Like any game that has a player moving from one location to another, it can reveal an unspoken story.  Who made that path?  What’s that side trail for?  Even if you get to a cabin and no one lives in it, who did and why did they leave?  Almost every cabin in Mafia 3 had some loose background story to it.

A stronger challenge in passive storytelling is to keep things diverse.  Don’t let every area be everything.  The absence of something you saw frequently in a previous area can imply something about your current area.

In New Bordeaux, there’s an impoverished neighborhood in southwest Frisco Fields called Haven Ward.  It’s where the slaves once lived when Frisco Fields was a plantation before converted to the middle-class suburb Hillcrest Estates.  One member on the team was trying to make this struggling area attractive by planting some nice bushes and flowers along the road.  I had to remind them Haven Ward is trying to find their identity in a district that doesn’t think African-American’s deserve to be equal.  Let the neighborhood reflect their stark situation.

In contrast, Delray Hollow was another African-American community that was able to find pride, identity, and self-reliance.  That’s partially why it was so far away from the center of New Bordeaux, away from the shadow of White Southern attitudes of the 1960s.

Advice

It’s challenging trying to figure out how big does the world need to be.  Build to the expected content and pace the player going from Point A to B.  There’s no clear formula and you don’t want to find yourself anchored to content that will never get used.  Something too attractive with no substance will lure players only to be disappointed there’s nothing there – no rewards for time spent.

Mafia 3 had a lot of spaces never used.  The original idea was to have 3 hideouts for every District.  This was baked into each district, finding an appropriate narrative to fit a landmark building and enough space around it for streaming performance.  Design shifted down to 2 hideouts, shelving the other for DLC.  Its space in each district still had to be maintained throughout development, however.  Near the end of the project, those DLC hideouts plans were dropped in favor of new story arc content.  Some places were repurposed for the new DLC, while others were left untouched.

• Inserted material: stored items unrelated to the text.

-- ===== src/Probes/Results.antt =====
-- What the health checker knows after any sequence of results.
use zealish_router.Base.{
  ℕ, ◌+◌, ◌≡◌, refl, ◌∙◌, String, Bool, not, ◌&&◌, Option, none, some, List, [], ◌∷◌, is_bound,
  arith, count, count-append, Bool-cases, sym, ap, if◌then◌else◌, Dict, lookup, lookup-insert,
  lookup-delete, str_eq, eq_iff, inl, inr,
}
use zealish_router.Breaker.{
  Breaker, Breakers, CircuitState, closed, open_circuit, half_open, ProviderHealth, policy_for,
  health_of, snapshot_from, snapshot,
}
use zealish_router.Probes.{
  Probes, Check, set_probe, check, health_or_zero, probed, merge_probes, health,
}

unfoldable pub checks : Probes → List Check → Probes
checks p [] = p
checks p (c ∷ cs) = checks (check c p) cs

-- The last result that counts: a check that was stopped leaves the provider as it was.
unfoldable pub last_result : String → Option String → List Check → Option String
last_result name before [] = before
last_result name before (c ∷ cs) =
    last_result name (if str_eq c.name name && not c.stopped then c.error else before) cs

-- How often the provider goes from healthy to failing in its own results.
unfoldable pub falls : String → Bool → List Check → ℕ
falls name failing [] = 0
falls name failing (c ∷ cs) =
    if str_eq c.name name && not c.stopped
    then (if is_bound c.error && not failing then 1 else 0) + falls name (is_bound c.error) cs
    else falls name failing cs

set_probe-lookup :
    (name other : String) (error : Option String) (down : Dict String)
    → lookup other (set_probe name error down).1
      ≡ (if str_eq name other then error else lookup other down)
unfolding set_probe
set_probe-lookup name other none down = lookup-delete name other down
set_probe-lookup name other (some e) down = lookup-insert name other e down

check-lookup :
    (c : Check) (p : Probes) (name : String)
    → lookup name (check c p).down
      ≡ (if str_eq c.name name && not c.stopped then c.error else lookup name p.down)
unfolding check
check-lookup c p name = ground (arith, set_probe-lookup c.name name c.error p.down)

check-alarms :
    (c : Check) (p : Probes) (name : String)
    → count (λ a. str_eq a name) (check c p).alarms
      ≡ count (λ a. str_eq a name) p.alarms
        + (if str_eq c.name name && not c.stopped
            then (if is_bound c.error && not (is_bound (lookup name p.down)) then 1 else 0)
            else 0)
unfolding check set_probe
check-alarms c p name =
    ground (arith, count-append (λ a. str_eq a name) p.alarms (c.name ∷ []), eq_iff c.name name)

-- After any sequence of checks of any providers, a provider is marked down exactly if its last
-- result that counts was an error, and with that error.
pub checks-last :
    (p : Probes) (cs : List Check) (name : String)
    → lookup name (checks p cs).down ≡ last_result name (lookup name p.down) cs
unfolding checks last_result
checks-last p [] name = refl
checks-last p (c ∷ cs) name = rw (checks-last (check c p) cs name, check-lookup c p name) refl

-- A provider raises an alarm exactly each time it goes from healthy to failing, whatever the other
-- providers do.
pub checks-alarms :
    (p : Probes) (cs : List Check) (name : String)
    → count (λ a. str_eq a name) (checks p cs).alarms
      ≡ count (λ a. str_eq a name) p.alarms + falls name (is_bound (lookup name p.down)) cs
unfolding checks falls
checks-alarms p [] name = omega arith
checks-alarms p (c ∷ cs) name =
    ground (arith, checks-alarms (check c p) cs name, check-alarms c p name, check-lookup c p name)

-- What is shown of a provider, from what the breakers show and what the probes found.
abbrev pub shown : String → Option ProviderHealth → Option String → Option ProviderHealth
shown name seen none = seen
shown name none (some error) = some (record {
  provider = name;
  state = open_circuit;
  failures = 0;
  opened_at = none;
  retry_at = none;
  last_probe_error = error;
})
shown name (some h) (some error) = some (record {
  provider = name;
  state = open_circuit;
  failures = h.failures;
  opened_at = h.opened_at;
  retry_at = h.retry_at;
  last_probe_error = error;
})

probed-health_or_zero :
    (name error : String) (seen : Option ProviderHealth)
    → some (probed name error (health_or_zero name seen)) ≡ shown name seen (some error)
probed-health_or_zero name error none = refl
probed-health_or_zero name error (some h) = refl

shown_again :
    (name error : String) (seen : Option ProviderHealth) (o : Option String)
    → shown name (shown name seen o) (some error) ≡ shown name seen (some error)
shown_again name error seen none = refl
shown_again name error none (some e) = refl
shown_again name error (some h) (some e) = refl

merge_probes-lookup :
    (down : Dict String) (out : Dict ProviderHealth) (name : String)
    → lookup name (merge_probes down out) ≡ shown name (lookup name out) (lookup name down)
unfolding merge_probes lookup
merge_probes-lookup [] out name = refl
merge_probes-lookup ((k, error) ∷ rest) out name =
    let merged = merge_probes rest out in
    let new = probed k error (health_or_zero k (lookup k merged)) in
    elim (Bool-cases (str_eq k name)) [
      | inr e ↦ rw (lookup-insert k name new merged) (rw e (merge_probes-lookup rest out name))
      | inl e ↦ rw (lookup-insert k name new merged) (
          rw e (
            rw (sym ((eq_iff k name).0 e)) (
              probed-health_or_zero k error (lookup k merged)
              ∙ ap (λ o. shown k o (some error)) (merge_probes-lookup rest out k)
              ∙ shown_again k error (lookup k out) (lookup k rest))))
    ]

-- A figure that is shown of an open circuit only.
abbrev pub if_open : CircuitState → ℕ → Option ℕ
if_open open_circuit n = some n
if_open _ n = none

-- What the operator is to see of a provider, from its breaker, the cooldown of its policy, and the
-- error of its last probe.
abbrev pub picture : String → ℕ → Option Breaker → Option String → Option ProviderHealth
picture name cooldown none none = none
picture name cooldown (some br) none = some (record {
  provider = name;
  state = br.state;
  failures = br.failures;
  opened_at = if_open br.state br.opened_at;
  retry_at = if_open br.state (br.opened_at + cooldown);
  last_probe_error = "";
})
picture name cooldown none (some error) = some (record {
  provider = name;
  state = open_circuit;
  failures = 0;
  opened_at = none;
  retry_at = none;
  last_probe_error = error;
})
picture name cooldown (some br) (some error) = some (record {
  provider = name;
  state = open_circuit;
  failures = br.failures;
  opened_at = if_open br.state br.opened_at;
  retry_at = if_open br.state (br.opened_at + cooldown);
  last_probe_error = error;
})

health_of-picture :
    (name : String) (failures opened : ℕ) (s : CircuitState) (probing : Bool) (b : Breakers)
    → let br : Breaker = record {
      failures = failures;
      state = s;
      opened_at = opened;
      probing = probing;
    } in
      some (health_of name br b) ≡ picture name (policy_for name b).cooldown (some br) none
unfolding health_of
health_of-picture name failures opened closed probing b = refl
health_of-picture name failures opened open_circuit probing b = refl
health_of-picture name failures opened half_open probing b = refl

snapshot_from-lookup :
    (m : Dict Breaker) (b : Breakers) (name : String)
    → lookup name (snapshot_from m b)
      ≡ picture name (policy_for name b).cooldown (lookup name m) none
unfolding snapshot_from lookup
snapshot_from-lookup [] b name = refl
snapshot_from-lookup ((k, br) ∷ m) b name = elim (Bool-cases (str_eq k name)) [
  | inr e ↦ rw e (snapshot_from-lookup m b name)
  | inl e ↦ rw e (
      rw ((eq_iff k name).0 e)
        (health_of-picture name br.failures br.opened_at br.state br.probing b))
]

shown-picture :
    (name : String) (cooldown : ℕ) (br : Option Breaker) (error : Option String)
    → shown name (picture name cooldown br none) error ≡ picture name cooldown br error
shown-picture name cooldown br none = refl
shown-picture name cooldown none (some error) = refl
shown-picture name cooldown (some br) (some error) = refl

-- `Health` reports a provider that is marked down under its name as open, with the error of its last
-- probe; a provider with a breaker with the failures that it counts, and, while the circuit is open,
-- when it opened and when it may be tried again; and, unless marked down, with the breaker's state.
-- A provider that is neither marked down nor known to the breakers is not reported.
pub health-lookup :
    (b : Breakers) (p : Probes) (name : String)
    → lookup name (health b p)
      ≡ picture name (policy_for name b).cooldown (lookup name b.state) (lookup name p.down)
unfolding health snapshot
health-lookup b p name =
    merge_probes-lookup p.down (snapshot b) name
    ∙ ap (λ seen. shown name seen (lookup name p.down)) (snapshot_from-lookup b.state b name)
    ∙ shown-picture name (policy_for name b).cooldown (lookup name b.state) (lookup name p.down)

On the opposite end, you don’t want to be too small or you encounter performance problems later as quests and unique content smash up against one another.  Something has to be cut or a lot of time has to be spent ripping apart the world to make more space in between.

So it’s always a gamble if you’re going to have too much or too little.

Again, this is a lot easier if it’s a terrain-based game and not a city-based game.  I’m working on creating spotlight articles for each district in Mafia 3 detailing how it developed over time and things learned.  After that, I’d like to take a real-world city like Berlin and flip it into an exciting and manageable game city layout.